Invité à intervenir à l'occasion de l'assemblée générale de la FDSEA 35 qui se déroule le 20 février prochain, Gil Rivière-Wekstein a accepté de nous apporter son décryptage et son regard sur le "divorce" entre le monde rural et le reste de la société civile.

Gil Rivière-Wekstein, journaliste et fondateur de la lettre d'information "Agriculture et Environnement"

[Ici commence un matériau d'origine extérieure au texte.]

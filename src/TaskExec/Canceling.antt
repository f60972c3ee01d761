-- ===== src/TaskExec/Canceling.antt =====
-- How a cancelation of the distributed manager ends, internal/taskexec/distributed_manager.go with the
-- subscription of subscription.go.
use a2a_go.Base.{
  ℕ, String, Bool, true, false, not, ◌&&◌, some, List, [], ◌∷◌, if◌then◌else◌, str_eq, ◌==◌, any,
  ◌||◌, ◌≡◌, ◌⊎◌, inl, inr, refl, arith, Bool-cases, Fault, Result, Result-cases, ok, err, other,
  task_not_cancelable,
}
use a2a_go.Core.{Task, Event, message, task, status_update, artifact_update, terminal, is_canceled}
use a2a_go.Events.Apply.{is_final}
use a2a_go.TaskStore.Api.{StoredTask, version_missing, after}
use a2a_go.TaskExec.Subscription.{
  QueueMessage, Yield, gives, is_not_found, remote_events, remote_loop,
}
use a2a_go.TaskExec.Distributed.{
  opens, closes, writes, cancel_payload, CancelAnswers, cancel, follow, StreamEnd, waits,
  is_lease_taken, followed,
}

-- Whether the reader's answer ends the cancelation: an error, or a final event that is newer than the
-- task was before the payload was written, or that has no version.
abbrev pub ends_stream : ℕ → Result QueueMessage → Bool
ends_stream from_version (err f) = true
ends_stream from_version (ok msg) =
    is_final msg.event
    && ((msg.task_version == version_missing) || after msg.task_version from_version)

abbrev pub waiting : StreamEnd → Bool
waiting waits = true
waiting _ = false

final_ends :
    (e : Event) (ys : List Yield) → is_final e ≡ true → waiting (follow (gives e ∷ ys)) ≡ false
unfolding follow
final_ends (message x) ys h = rw h refl
final_ends (task x) ys h = rw h refl
final_ends (status_update x) ys h = rw h refl
final_ends (artifact_update x) ys h = rw h refl

other_goes_on :
    (e : Event) (ys : List Yield) → is_final e ≡ false → follow (gives e ∷ ys) ≡ follow ys
unfolding follow
other_goes_on e ys h = rw h refl

seen : ℕ → QueueMessage → Bool
seen v msg = (msg.task_version == version_missing) || after msg.task_version v

skipped :
    (v : ℕ) (msg : QueueMessage) (reads : List (Result QueueMessage))
    → remote_loop v (ok msg ∷ reads) ≡ (
        if seen v msg
        then gives msg.event ∷ (if is_final msg.event then [] else remote_loop v reads)
        else remote_loop v reads)
unfolding remote_loop seen
skipped v msg reads = elim (Bool-cases (msg.task_version == version_missing)) [
  | inl e ↦ rw e refl
  | inr e ↦ elim (Bool-cases (after msg.task_version v)) [
    | inl f ↦ rw (e, f) refl
    | inr f ↦ rw (e, f) refl
  ]
]

remote_loop-ends :
    (from_version : ℕ) (reads : List (Result QueueMessage))
    → any (ends_stream from_version) reads ≡ true
    → waiting (follow (remote_loop from_version reads)) ≡ false
unfolding any seen
remote_loop-ends v [] h = absurd (ground arith)
remote_loop-ends v (err f ∷ reads) h = unfold remote_loop follow in refl
remote_loop-ends v (ok msg ∷ reads) h =
    rw (skipped v msg reads) (elim (Bool-cases (is_final msg.event)) [
      | inl e ↦ elim (Bool-cases (seen v msg)) [
        | inl f ↦ rw f (final_ends msg.event _ e)
        | inr f ↦ rw f (remote_loop-ends v reads (ground arith))
      ]
      | inr e ↦
          let rest = remote_loop-ends v reads (ground arith) in
          elim (Bool-cases (seen v msg)) [
            | inl f ↦ rw (f, e, other_goes_on msg.event (remote_loop v reads) e) rest
            | inr f ↦ rw f rest
          ]
    ])

pub remote_events-ends :
    (v : ℕ) (snapshot : Result StoredTask) (reads : List (Result QueueMessage))
    → any (ends_stream v) reads ≡ true
    → waiting (follow (remote_events false (some v) snapshot reads)) ≡ false
unfolding remote_events
remote_events-ends v (err f) reads h = elim (Bool-cases (is_not_found f)) [
  | inl e ↦ rw e (remote_loop-ends v reads h)
  | inr e ↦ rw e (unfold follow in refl)
]
remote_events-ends v (ok st) reads h = elim (Bool-cases (terminal st.task.status.state)) [
  | inl e ↦ rw e (final_ends (task st.task) [] (unfold is_final in ground arith))
  | inr e ↦ rw e (remote_loop-ends v reads h)
]

-- the work queue refuses the payload, or answers for another task
abbrev pub refused : String → Result String → Bool
refused id (err f) = not (is_lease_taken f)
refused id (ok used) = not (str_eq used id)

-- how far `Cancel` comes
abbrev pub Goes : String → CancelAnswers → Type 0
Goes id a =
    ((r : Result Task) × (cancel id a ≡ (some r, []))
      × ((t : Task) → r ≡ ok t → is_canceled t.status.state ≡ true))
    ⊎ (((f : Fault) × (cancel id a ≡ (some (err f), opens 0 id ∷ closes 0 ∷ [])))
        ⊎ (((f : Fault) × (refused id a.written ≡ true)
              × (cancel id a ≡ (some (err f), opens 0 id ∷ writes (cancel_payload id) ∷ [])))
            ⊎ ((st : StoredTask) × (a.stored ≡ ok st)
                × (refused id a.written ≡ false)
                × (cancel id a
                    ≡ followed a (opens 0 id ∷ writes (cancel_payload id) ∷ [])
                        (follow (remote_events false (some st.version) a.snapshot a.reads))))))

pub goes : (id : String) (a : CancelAnswers) → Goes id a
unfolding cancel
goes id a = elim (Result-cases a.stored) [
  | inl (f, p) ↦ inl (err f, rw p refl, λ t h. absurd (ground arith))
  | inr (st, p) ↦ elim (Bool-cases (is_canceled st.task.status.state)) [
    | inl c ↦ inl (ok st.task, rw (p, c) refl, λ t h. ground arith)
    | inr c ↦ elim (Bool-cases (terminal st.task.status.state)) [
      | inl d ↦ inl (err task_not_cancelable, rw (p, c, d) refl, λ t h. absurd (ground arith))
      | inr d ↦ elim (Result-cases a.reader) [
        | inl (f, q) ↦ inl (err f, rw (p, c, d, q) refl, λ t h. absurd (ground arith))
        | inr (u, q) ↦ elim (Result-cases a.encoded) [
          | inl (f, z) ↦ inr (inl (f, rw (p, c, d, q, z) refl))
          | inr (v, z) ↦ elim (Result-cases a.written) [
            | inl (f, y) ↦ elim (Bool-cases (is_lease_taken f)) [
              | inl e ↦ inr (inr (inr (st, p, rw (y, e) refl, rw (p, c, d, q, z, y, e) refl)))
              | inr e ↦ inr (inr (inl (f, rw (y, e) refl, rw (p, c, d, q, z, y, e) refl)))
            ]
            | inr (used, y) ↦ elim (Bool-cases (str_eq used id)) [
              | inl e ↦ inr (inr (inr (st, p, rw (y, e) refl, rw (p, c, d, q, z, y, e) refl)))
              | inr e ↦ inr (
                  inr (
                    inl (
                      other "bug: work-queue task id override is only allowed for executions",
                      rw (y, e) refl,
                      rw (p, c, d, q, z, y, e) refl,
                    )))
            ]
          ]
        ]
      ]
    ]
  ]
]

Quelle définition donnez-vous à l'agribashing ?

Gil Rivière Wekstein. L'agribashing, ce n'est pas la critique d'un modèle, c'est un terme qui va bien au-delà. C'est le dénigrement de l'agriculture conventionnelle de manière systématique, continue, et répétée, avec des arguments mensongers et dans l'objectif de nuire. Par exemple, quand L214 annonce vouloir se préoccuper du bien-être des animaux, ce n'est pas la vérité. Leur volonté, c'est de fermer les abattoirs. Autre exemple, quand Élise Lucet fait un reportage sur les pisseurs volontaires de glyphosate, comment se fait-il qu’elle confie ses analyses à un laboratoire allemand alors que les résultats ne sont pas fiables ? N’a-t-elle pas investigué avant ? Or, il a fallu que des agriculteurs fassent eux mêmes le test avec un autre laboratoire pour montrer l’intox. L'agribashing s'exprime ainsi à travers l'utilisation de méthodes contestables, mensongères et sans jamais apporter aucun élément de rectification.

 

Et selon vous, à qui profite "le crime" alors ?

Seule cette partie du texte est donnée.